Avukat Hülya Gülbahar: Şiddet AKP ile pekişti

16:16

JINHA

İSTANBUL - Demokrasi Denetçileri tarafından gerçekleştirilen "Kadın ve Demokrasi" adlı panelde konuşan Avukat Hülya Gülbahar, şiddet uygulamanın toplumsal bir rolü olduğunu belirterek, "Özellikle kadınların yüzlerine yapılan darpların, kadın dışarı yani toplum içine girdiği anda diğer insanlar tarafından 'bu kocasına, babasına, abisine itaat etmemiş' i göstere bilmek için yapılıyor" dedi.

Demokrasi Denetçileri tarafından "Kadın ve Demokrasi" adlı paneller dizisinin ikincisi Taksim'de bulunan Demokrasi Denetçileri Derneği'nde gerçekleştirildi. Panele katılan Avukat Hülya Gülbahar, "Kadın hakları ihlallerinin izlenmesi ve önlenmesinde uygulanabilecek yöntemler" konu başlığı ile sunum gerçekleştirdi.
Sunumun ardından konuşma gerçekleştiren Hülya, "Adıyaman Belediye başkanı kadından bakan olmaz demişti geçen yıllarda. Bu korkunç bir açıklama. Buna karşı AKP'ye ve başka kurumlar da olmak üzere bir çok yere şikayetimizi belirttik. Hiçbirinden cevap bile alamadık ve şöyle bir sonuç çıktı ortaya 'Suç işledikten sonra eğer telafi edecek bir davranış sergiliyorsan suç ortadan kalkıyor. Adıyaman Belediye Başkanı bunun örneği. Bu koşullarda kadın haklarının izlenmesi ve önlenmesinde uygulanacak yöntemler biraz ucu açık" dedi.

'Şiddet uygulamanın toplumsal bir rolü var'

Konuşmasında Konfüçyüs'ün kadının hizmeti tanımlayan sözlerine değinen Hülya, "Anlayışa göre kadın hizmet etmek zorunda erkeğe. Eğer ataerkil zihniyetin ne olduğunu bilmek gerekiyorsa 'hizmet' kavramını bilmek yeterli.
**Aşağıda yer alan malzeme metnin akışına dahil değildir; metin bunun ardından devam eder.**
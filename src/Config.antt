-- ===== src/Config.antt =====
-- internal/config/config.go: the configuration record.
pub mod Types
pub mod Hotkeys
pub mod Store
pub mod Loading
Kadın cinayetlerinin hepsini incelediğimizde hepsinin temelinde hizmet ve itaat yaptığını görebiliriz" diye konuştu. Medya araçlarının kadın sorununa yakın yaklaştığı kanısına eleştiri getiren Hülya, internet sitelerinde 'kadına yönelik şiddet' teması altında yapılan bütün sorgulamalarda dayak yemiş kadınların resimlerinin olması kadınlara 'siz güçsüzsünüz' anlamına geldiğini belirtti.

Hülya, "Şiddet uygulamanın toplumsal bir rolü var. Özellikler kadınların yüzlerine yapılan darpların, kadın dışarı yani toplum içine girdiği anda diğer insanlar tarafından 'bu kocasına, babasına, abisine itaat etmemiş' i göstere bilmek için yapılıyor. Her 10 gebe kadından biri kocası tarafından şiddet görüyor ve kadınların en çok şiddet gördüğü dönem gebe oldukları dönem. Cennet annelerin ayağındadır söylemiyle ne kadar çelişkili" diye konuştu.
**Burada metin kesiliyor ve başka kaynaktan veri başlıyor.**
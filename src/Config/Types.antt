-- ===== src/Config/Types.antt =====
-- internal/config/config.go: the structures of the configuration file. An `int` is a ℤ; the tags
-- that name the YAML and JSON keys have no counterpart.
use clip_queue.Prelude.{ℤ, Bool, String, List}

pub record Macro : Type 0 where
  pub name : String
  pub hotkey : String
  pub signature : String
  pub enabled : Bool
  pub text : String
  pub sequence : String
  pub sequence_normalize_delays : Bool
  pub sequence_delay_ms : ℤ
  pub mode : String

pub record UiConfig : Type 0 where
  pub visible : Bool
  pub has_bounds : Bool
  pub x : ℤ
  pub y : ℤ
  pub width : ℤ
  pub height : ℤ

pub record AppConfig : Type 0 where
  pub data_dir : String
  pub silent : Bool
  pub logs : Bool

pub record HotkeysConfig : Type 0 where
  pub toggle_queue : String
  pub paste_next : String
  pub toggle_queue_order : String
  pub toggle_ui : String
  pub toggle_queue_display : String
  pub paste_next_display : String
  pub toggle_queue_order_display : String
  pub toggle_ui_display : String

pub record ClipboardConfig : Type 0 where
  pub watch_debounce_ms : ℤ
  pub paste_delay_ms : ℤ
  pub restore_delay_ms : ℤ

pub record QueueConfig : Type 0 where
  pub default_order : String

pub record FeaturesConfig : Type 0 where
  pub enable_queue : Bool
  pub enable_clipboard : Bool
  pub enable_macros : Bool
  pub enable_lab : Bool

pub record Config : Type 0 where
  pub app : AppConfig
  pub hotkeys : HotkeysConfig
  pub clipboard : ClipboardConfig
  pub queue : QueueConfig
  pub features : FeaturesConfig
  pub ui : UiConfig
  pub macros : List Macro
'Ensar Vakfı'ndaki çocuk bile bilmeli Alo Şiddet Hattını'

Son zamanlarda kadın cinayetlerinin görünür olduğunu ama kadın cinayetleri sayılarının da daha fazla arttığının altını çizen Hülya, "Ankara bir çalışma yapılmıştı. Çalışmada yeni neslin eski nesle oranla şiddeti daha fazla hayatlarına aldığı raporlandı. Bu 12 Eylülle başladı ve AKP hükümeti ile pekişti. Hükümetin kadın cinayetleri ile ilgili yayınladıkları rakamlar oynanıyor. Ölü kadınlar bile diriltiliyor ve rakamlar gerçekleri hiç bir zaman yansıtmıyor. Biz kadın hareketi ilk defa hukukun kadın konusunda işlemediğini söyledik" şeklinde konuştu.
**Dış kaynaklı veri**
-- ===== src/Input/Signature.antt =====
-- platform/windows/input_signature.go: signatures of input events. A byte is a number below 256.
-- `fnv` is the 64-bit FNV-1a sum of the standard library over all the bytes written to it.
-- `DisplayHint` and `RecordedAt`, which are only shown, are left out.
pub mod Bytes
pub mod Equality
use clip_queue.Prelude.{
  ℕ, ◌+◌, ◌-◌, ◌*◌, ◌/◌, ◌%◌, Bool, true, false, not, ◌&&◌, ◌||◌, String, List, [], ◌∷◌, ◌++◌,
  Option, none, some, if◌then◌else◌, ltb, ◌==◌, length, take, replicate,
}

-- `InputSourceType`, a byte.
abbrev pub source_keyboard : ℕ
source_keyboard = 0

abbrev pub source_mouse_button : ℕ
source_mouse_button = 1

abbrev pub source_mouse_wheel : ℕ
source_mouse_wheel = 2

abbrev pub source_hid : ℕ
source_hid = 3

abbrev pub source_unknown : ℕ
source_unknown = 4

-- `InputSourceType.String`.
unfoldable pub source_name : ℕ → String
source_name s =
    if s == source_keyboard
    then "Keyboard"
    else if s == source_mouse_button
    then "Mouse"
    else if s == source_mouse_wheel
    then "Wheel"
    else if s == source_hid
    then "HID"
    else "Unknown"

pub record InputSignature : Type 0 where
  pub hash : ℕ
  pub raw_data : List ℕ
  pub source_type : ℕ
  pub modifier_state : ℕ

abbrev pub mod_ctrl : ℕ
mod_ctrl = 1

abbrev pub mod_alt : ℕ
mod_alt = 2

abbrev pub mod_shift : ℕ
mod_shift = 4

abbrev pub mod_win : ℕ
mod_win = 8

abbrev pub mouse_button_edge_legacy : ℕ
mouse_button_edge_legacy = 0

abbrev pub mouse_button_edge_down : ℕ
mouse_button_edge_down = 1

abbrev pub mouse_button_edge_up : ℕ
mouse_button_edge_up = 2

-- `bytes.Equal`
unfoldable pub bytes_equal : List ℕ → List ℕ → Bool
bytes_equal [] [] = true
bytes_equal [] (y ∷ ys) = false
bytes_equal (x ∷ xs) [] = false
bytes_equal (x ∷ xs) (y ∷ ys) = (x == y) && bytes_equal xs ys

-- `none` is the result with `ok` false.
unfoldable pub decode_mouse_button_raw_data : List ℕ → Option (ℕ × ℕ)
decode_mouse_button_raw_data [] = none
decode_mouse_button_raw_data (button ∷ []) = some (button, mouse_button_edge_legacy)
decode_mouse_button_raw_data (button ∷ edge ∷ _) = some (
  button,
  (if edge == mouse_button_edge_down || edge == mouse_button_edge_up
      then edge
      else mouse_button_edge_legacy),
)

-- The comparison of two decoded buttons.
unfoldable pub buttons_equal : Option (ℕ × ℕ) → Option (ℕ × ℕ) → Bool
buttons_equal none right = false
buttons_equal (some left) none = false
buttons_equal (some (left_button, left_edge)) (some (right_button, right_edge)) =
    if not (left_button == right_button)
    then false
    else if left_edge == mouse_button_edge_legacy || right_edge == mouse_button_edge_legacy
    then not (left_edge == mouse_button_edge_down) && not (right_edge == mouse_button_edge_down)
    else left_edge == right_edge

unfoldable pub mouse_button_raw_data_equal : List ℕ → List ℕ → Bool
unfolding decode_mouse_button_raw_data buttons_equal
mouse_button_raw_data_equal left right =
    buttons_equal (decode_mouse_button_raw_data left) (decode_mouse_button_raw_data right)

-- `Equals`
unfoldable pub equals : InputSignature → InputSignature → Bool
unfolding mouse_button_raw_data_equal bytes_equal
equals s other =
    if not (s.source_type == other.source_type)
    then false
    else if not (s.modifier_state == other.modifier_state)
    then false
    else if s.source_type == source_mouse_button
    then mouse_button_raw_data_equal s.raw_data other.raw_data
    else if not (s.hash == other.hash)
    then false
    else bytes_equal s.raw_data other.raw_data

-- The two bytes of a `uint16`, the low one first.
unfoldable pub uint16_bytes : ℕ → List ℕ
uint16_bytes n = n % 256 ∷ (n / 256) % 256 ∷ []

-- `ToBytes`
unfoldable pub to_bytes : InputSignature → List ℕ
unfolding uint16_bytes
to_bytes s =
    (1 ∷ s.source_type ∷ s.modifier_state ∷ []) ++ (uint16_bytes (length s.raw_data) ++ s.raw_data)

-- `make([]byte, n)`, filled from what is left of the input as far as that goes.
unfoldable pub read_padded : ℕ → List ℕ → List ℕ
read_padded n rest = take n rest ++ replicate (n - length rest) 0

pub data ReadError : Type 0 where
  too_short : ReadError
  unsupported_version : ℕ → ReadError
  bad_base64 : ReadError

pub data ReadResult : Type 0 where
  read_ok : InputSignature → ReadResult
  read_err : ReadError → ReadResult

module _ (fnv : List ℕ → ℕ) where
  -- `computeHash`, on the three parts that it reads.
  unfoldable pub compute_hash : ℕ → ℕ → List ℕ → ℕ
  compute_hash source_type modifiers raw_data = fnv (source_type ∷ modifiers ∷ raw_data)

  -- `NewInputSignature`
  unfoldable pub new_input_signature : ℕ → List ℕ → ℕ → InputSignature
  unfolding compute_hash
  new_input_signature source_type raw_data modifiers = record {
    hash = compute_hash source_type modifiers raw_data;
    raw_data = raw_data;
    source_type = source_type;
    modifier_state = modifiers;
  }

  -- The length and the raw data: `rawLen` stays 0 if its two bytes are not there.
  unfoldable pub read_raw : List ℕ → List ℕ
  unfolding read_padded
  read_raw (lo ∷ hi ∷ rest) = read_padded (lo + 256 * hi) rest
  read_raw _ = []

  -- `SignatureFromBytes`
  unfoldable pub signature_from_bytes : List ℕ → ReadResult
  unfolding new_input_signature read_raw
  signature_from_bytes (version ∷ source_type ∷ modifiers ∷ next ∷ rest) =
      if version == 1
      then read_ok (new_input_signature source_type (read_raw (next ∷ rest)) modifiers)
      else read_err (unsupported_version version)
  signature_from_bytes _ = read_err too_short

  -- `ToBase64` and `SignatureFromBase64`, with the standard library's two functions.
  module _ (encode : List ℕ → String) (decode : String → Option (List ℕ)) where
    unfoldable pub to_base64 : InputSignature → String
    unfolding to_bytes
    to_base64 s = encode (to_bytes s)

    unfoldable pub signature_from_base64 : String → ReadResult
    unfolding signature_from_bytes
    signature_from_base64 encoded = elim (decode encoded) [
      | none ↦ read_err bad_base64
      | some bytes ↦ signature_from_bytes bytes
    ]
Kadınlar için Cinsel Kriz Merkezi ve Alo Şiddet Hattı gibi kurumların kurulmasının önemli olduğu vurgusunu yapan Hülya, "Bunlar öyle yaygınlaştırılmalı ki Ensar Vakfı'ndaki çocuk bile bilmeli Alo Şiddet Hattını. Tecavüz durumu, hukuk boyu ve her şeyin çözüm bulduğu merkezlerin olması gerekiyor" dedi. 'Boşanma Komisyonu Raporu'nun kadın hareketinin 30 yıldır verdiği mücadeleyi buhar edeceğini anlatan Hülya, rapora karşı mücadele edilmesi gerektiğini söyledi.